_INPUT RECORDS_
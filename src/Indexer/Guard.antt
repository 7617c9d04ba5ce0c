-- ===== src/Indexer/Guard.antt =====
-- src/services/Soroban/IndexerReorgGuard.ts. Ledger numbers are natural numbers; `-` stops at 0,
-- where the source goes below it, and the `max 1` over each difference makes the two agree.
pub mod Range
use audio_block_backend.Base.{ℕ, ◌+◌, ◌-◌, ◌*◌, max, Option, none, some, ltb, ◌==◌, if◌then◌else◌}

pub record ReorgGuardConfig : Type 0 where
  pub overlap_window : ℕ
  pub gap_threshold : ℕ

pub record ReorgGuard : Type 0 where
  pub cursor : Option ℕ
  pub config : ReorgGuardConfig
  pub open config use *

unfoldable pub make : ReorgGuardConfig → ReorgGuard
make c = record { cursor = none; config = c }

unfoldable pub set_cursor : ℕ → ReorgGuard → ReorgGuard
set_cursor ledger g = record g { cursor = some ledger }

unfoldable pub overlap_from : ℕ → ℕ → ReorgGuardConfig → Option ℕ
overlap_from cursor latest c =
    if ltb latest cursor
    then some (max 1 (cursor - c.overlap_window))
    else (if latest == cursor
        then none
        else (if ltb c.gap_threshold (latest - cursor)
            then some (max 1 (cursor - c.overlap_window))
            else some (cursor + 1)))

unfoldable pub get_overlap_start : ℕ → ReorgGuard → Option ℕ
unfolding overlap_from
get_overlap_start latest g = elim g.cursor [
  | none ↦ some (max 1 (latest - g.overlap_window))
  | some cursor ↦ overlap_from cursor latest g.config
]

unfoldable pub update_cursor : ℕ → ReorgGuard → ReorgGuard
update_cursor ledger g = elim g.cursor [
  | none ↦ record g { cursor = some ledger }
  | some cursor ↦ if ltb cursor ledger then record g { cursor = some ledger } else g
]
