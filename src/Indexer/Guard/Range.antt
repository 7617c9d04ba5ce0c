-- ===== src/Indexer/Guard/Range.antt =====
-- The ledger range that IndexerReorgGuard.ts asks for.
use audio_block_backend.Base.{ℕ, ◌+◌, ◌-◌, ◌≤◌, ◌<◌, max, ◌≡◌, ◌↔◌, none, some, arith}
use audio_block_backend.Indexer.Guard.{ReorgGuard, set_cursor, get_overlap_start, update_cursor}

-- Nothing is fetched exactly when the RPC's tip is the cursor.
pub get_overlap_start-none_iff :
    (g : ReorgGuard) (cursor latest : ℕ)
    → (get_overlap_start latest (set_cursor cursor g) ≡ none) ↔ (latest ≡ cursor)
unfolding get_overlap_start set_cursor
get_overlap_start-none_iff g cursor latest = ground arith

-- Whatever the tip, a range that is asked for begins at a real ledger and at the ledger after the
-- cursor at the latest, so it skips nothing; and when it goes back, it goes back by the window at
-- most.
pub get_overlap_start_no_gap :
    (g : ReorgGuard) (cursor latest start : ℕ)
    → get_overlap_start latest (set_cursor cursor g) ≡ some start
    → (1 ≤ start) × (start ≤ cursor + 1) × (cursor ≤ start + g.overlap_window)
unfolding get_overlap_start set_cursor
get_overlap_start_no_gap g cursor latest start e = ground arith

-- With a tip beyond the cursor the range is never empty.
pub get_overlap_start-le_latest :
    (g : ReorgGuard) (cursor latest start : ℕ)
    → cursor < latest
    → get_overlap_start latest (set_cursor cursor g) ≡ some start
    → start ≤ latest
unfolding get_overlap_start set_cursor
get_overlap_start-le_latest g cursor latest start h e = ground arith

-- A tip that has fallen behind the cursor by more than the window gives a range that ends before
-- it begins, whatever the cursor.
pub deep_reorg-empty_range :
    (g : ReorgGuard) (cursor latest : ℕ)
    → latest + g.overlap_window < cursor
    → (start : ℕ) × (get_overlap_start latest (set_cursor cursor g) ≡ some start) × (latest < start)
unfolding get_overlap_start set_cursor
deep_reorg-empty_range g cursor latest h =
    (max 1 (cursor - g.overlap_window), ground arith, omega arith)

-- The guard's cursor never goes back.
pub update_cursor-monotone :
    (g : ReorgGuard) (cursor ledger : ℕ)
    → (update_cursor ledger (set_cursor cursor g)).cursor ≡ some (max cursor ledger)
unfolding update_cursor set_cursor
update_cursor-monotone g cursor ledger = ground arith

_DESCRIPTION OF THE TASK_
If "monotone" is in a line of the listing above, count that line; give the final number and nothing more.

_SOLUTION FOR THIS PROBLEM_
2